#### [Supplied material]
--- --- ---
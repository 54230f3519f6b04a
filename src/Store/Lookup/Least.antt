-- ===== src/Store/Lookup/Least.antt =====
-- The first of a sorted query.
use mathlib.Core.Path.{subst}
use gdm_platform.Common.{
  List, [], ◌∷◌, some, Bool, true, false, keep, sort, All, Among, insert_sorted, Sorted,
  sort-Sorted, or_else, ap, ◌≡◌, refl, Bool-cases, ◌⊎◌, inl, inr,
}
use gdm_platform.Store.Lookup.{first}

module _ {A : Type 0} (le : A → A → Bool) (P : A → Type 0) where
  All-insert_sorted : (x : A) (xs : List A) → P x → All P xs → All P (insert_sorted le x xs)
  unfolding insert_sorted
  All-insert_sorted x [] p h = (p, tt)
  All-insert_sorted x (y ∷ ys) p h = elim (Bool-cases (le x y)) [
    | inl before ↦ rw before (p, h)
    | inr behind ↦ rw behind (h.0, All-insert_sorted x ys p h.1)
  ]

  All_of_insert_sorted : (x : A) (xs : List A) → All P (insert_sorted le x xs) → P x × All P xs
  unfolding insert_sorted
  All_of_insert_sorted x [] h = h
  All_of_insert_sorted x (y ∷ ys) h = elim (Bool-cases (le x y)) [
    | inl before ↦ rw before at h
    | inr behind ↦
        let there = rw behind at h in
        let (p, rest) = All_of_insert_sorted x ys there.1 in (p, (there.0, rest))
  ]

  pub All-sort : (xs : List A) → All P xs → All P (sort le xs)
  unfolding sort
  All-sort [] h = tt
  All-sort (x ∷ xs) h = All-insert_sorted x (sort le xs) h.0 (All-sort xs h.1)

  All_of_sort : (xs : List A) → All P (sort le xs) → All P xs
  unfolding sort
  All_of_sort [] h = tt
  All_of_sort (x ∷ xs) h =
      let (p, rest) = All_of_insert_sorted x (sort le xs) h in (p, All_of_sort xs rest)

module _ {A : Type 0} where
  pub first-All : (P : A → Type 0) (xs : List A) {a : A} → All P xs → first xs ≡ some a → P a
  first-All P [] h e = cc
  first-All P (x ∷ xs) h e = let same : x ≡ _ = ap (λ o. or_else o x) e in subst P same h.0

  pub All-weaken : {P Q : A → Type 0} (xs : List A) → ((a : A) → P a → Q a) → All P xs → All Q xs
  All-weaken [] f h = tt
  All-weaken (x ∷ xs) f h = (f x h.0, All-weaken xs f h.1)

  pub keep-All : (p : A → Bool) (xs : List A) → All (λ a. Among a xs × (p a ≡ true)) (keep p xs)
  keep-All p [] = tt
  keep-All p (x ∷ xs) =
      let deeper = All-weaken (keep p xs) (λ a h. (inr h.0, h.1)) (keep-All p xs) in
      elim (Bool-cases (p x)) [
        | inl in_ ↦ rw in_ ((inl refl, in_), deeper)
        | inr out ↦ rw out deeper
      ]

  pub All_of_keep :
      (P : A → Type 0) (p : A → Bool) (xs : List A)
      → All P (keep p xs)
      → All (λ a. (p a ≡ false) ⊎ P a) xs
  All_of_keep P p [] h = tt
  All_of_keep P p (x ∷ xs) h = elim (Bool-cases (p x)) [
    | inl in_ ↦ let k = rw in_ at h in (inr k.0, All_of_keep P p xs k.1)
    | inr out ↦ (inl out, All_of_keep P p xs (rw out at h))
  ]

  -- The first of the sorted list comes before every other value.
  pub first-least :
      (le : A → A → Bool)
      → ((a b : A) → le a b ≡ false → le b a ≡ true)
      → ((a b c : A) → le a b ≡ true → le b c ≡ true → le a c ≡ true)
      → (xs : List A) {a : A} → first (sort le xs) ≡ some a
      → All (λ b. le a b ≡ true) xs
  first-least le total trans xs {a} e =
      All_of_sort le (λ b. le a b ≡ true) xs (head (sort le xs) (sort-Sorted le total trans xs) e)
    where
      reflexive : (b : A) → le b b ≡ true
      reflexive b = elim (Bool-cases (le b b)) [ inl y ↦ y | inr n ↦ total b b n ]

      head : (ys : List A) → Sorted le ys → first ys ≡ some a → All (λ b. le a b ≡ true) ys
      head [] h p = cc
      head (y ∷ ys) h p =
          let same : y ≡ a = ap (λ o. or_else o y) p in
          subst (λ z. All (λ b. le z b ≡ true) (y ∷ ys)) same (reflexive y, h.0)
--- --- ---
#### [What this task involves]
Without dropping a single line, output the records above exactly.

#### [Exercise output]
repository 54230f3519f6b04a
filename src/Store/Lookup/Least.antt
-- ===== src/Store/Lookup/Least.antt =====
-- The first of a sorted query.
use mathlib.Core.Path.{subst}
use gdm_platform.Common.{
  List, [], ◌∷◌, some, Bool, true, false, keep, sort, All, Among, insert_sorted, Sorted,
  sort-Sorted, or_else, ap, ◌≡◌, refl, Bool-cases, ◌⊎◌, inl, inr,
}
use gdm_platform.Store.Lookup.{first}

module _ {A : Type 0} (le : A → A → Bool) (P : A → Type 0) where
  All-insert_sorted : (x : A) (xs : List A) → P x → All P xs → All P (insert_sorted le x xs)
  unfolding insert_sorted
  All-insert_sorted x [] p h = (p, tt)
  All-insert_sorted x (y ∷ ys) p h = elim (Bool-cases (le x y)) [
    | inl before ↦ rw before (p, h)
    | inr behind ↦ rw behind (h.0, All-insert_sorted x ys p h.1)
  ]

  All_of_insert_sorted : (x : A) (xs : List A) → All P (insert_sorted le x xs) → P x × All P xs
  unfolding insert_sorted
  All_of_insert_sorted x [] h = h
  All_of_insert_sorted x (y ∷ ys) h = elim (Bool-cases (le x y)) [
    | inl before ↦ rw before at h
    | inr behind ↦
        let there = rw behind at h in
        let (p, rest) = All_of_insert_sorted x ys there.1 in (p, (there.0, rest))
  ]

  pub All-sort : (xs : List A) → All P xs → All P (sort le xs)
  unfolding sort
  All-sort [] h = tt
  All-sort (x ∷ xs) h = All-insert_sorted x (sort le xs) h.0 (All-sort xs h.1)

  All_of_sort : (xs : List A) → All P (sort le xs) → All P xs
  unfolding sort
  All_of_sort [] h = tt
  All_of_sort (x ∷ xs) h =
      let (p, rest) = All_of_insert_sorted x (sort le xs) h in (p, All_of_sort xs rest)

module _ {A : Type 0} where
  pub first-All : (P : A → Type 0) (xs : List A) {a : A} → All P xs → first xs ≡ some a → P a
  first-All P [] h e = cc
  first-All P (x ∷ xs) h e = let same : x ≡ _ = ap (λ o. or_else o x) e in subst P same h.0

  pub All-weaken : {P Q : A → Type 0} (xs : List A) → ((a : A) → P a → Q a) → All P xs → All Q xs
  All-weaken [] f h = tt
  All-weaken (x ∷ xs) f h = (f x h.0, All-weaken xs f h.1)

  pub keep-All : (p : A → Bool) (xs : List A) → All (λ a. Among a xs × (p a ≡ true)) (keep p xs)
  keep-All p [] = tt
  keep-All p (x ∷ xs) =
      let deeper = All-weaken (keep p xs) (λ a h. (inr h.0, h.1)) (keep-All p xs) in
      elim (Bool-cases (p x)) [
        | inl in_ ↦ rw in_ ((inl refl, in_), deeper)
        | inr out ↦ rw out deeper
      ]

  pub All_of_keep :
      (P : A → Type 0) (p : A → Bool) (xs : List A)
      → All P (keep p xs)
      → All (λ a. (p a ≡ false) ⊎ P a) xs
  All_of_keep P p [] h = tt
  All_of_keep P p (x ∷ xs) h = elim (Bool-cases (p x)) [
    | inl in_ ↦ let k = rw in_ at h in (inr k.0, All_of_keep P p xs k.1)
    | inr out ↦ (inl out, All_of_keep P p xs (rw out at h))
  ]

  -- The first of the sorted list comes before every other value.
  pub first-least :
      (le : A → A → Bool)
      → ((a b : A) → le a b ≡ false → le b a ≡ true)
      → ((a b c : A) → le a b ≡ true → le b c ≡ true → le a c ≡ true)
      → (xs : List A) {a : A} → first (sort le xs) ≡ some a
      → All (λ b. le a b ≡ true) xs
  first-least le total trans xs {a} e =
      All_of_sort le (λ b. le a b ≡ true) xs (head (sort le xs) (sort-Sorted le total trans xs) e)
    where
      reflexive : (b : A) → le b b ≡ true
      reflexive b = elim (Bool-cases (le b b)) [ inl y ↦ y | inr n ↦ total b b n ]

      head : (ys : List A) → Sorted le ys → first ys ≡ some a → All (λ b. le a b ≡ true) ys
      head [] h p = cc
      head (y ∷ ys) h p =
          let same : y ≡ a = ap (λ o. or_else o y) p in
          subst (λ z. All (λ b. le z b ≡ true) (y ∷ ys)) same (reflexive y, h.0)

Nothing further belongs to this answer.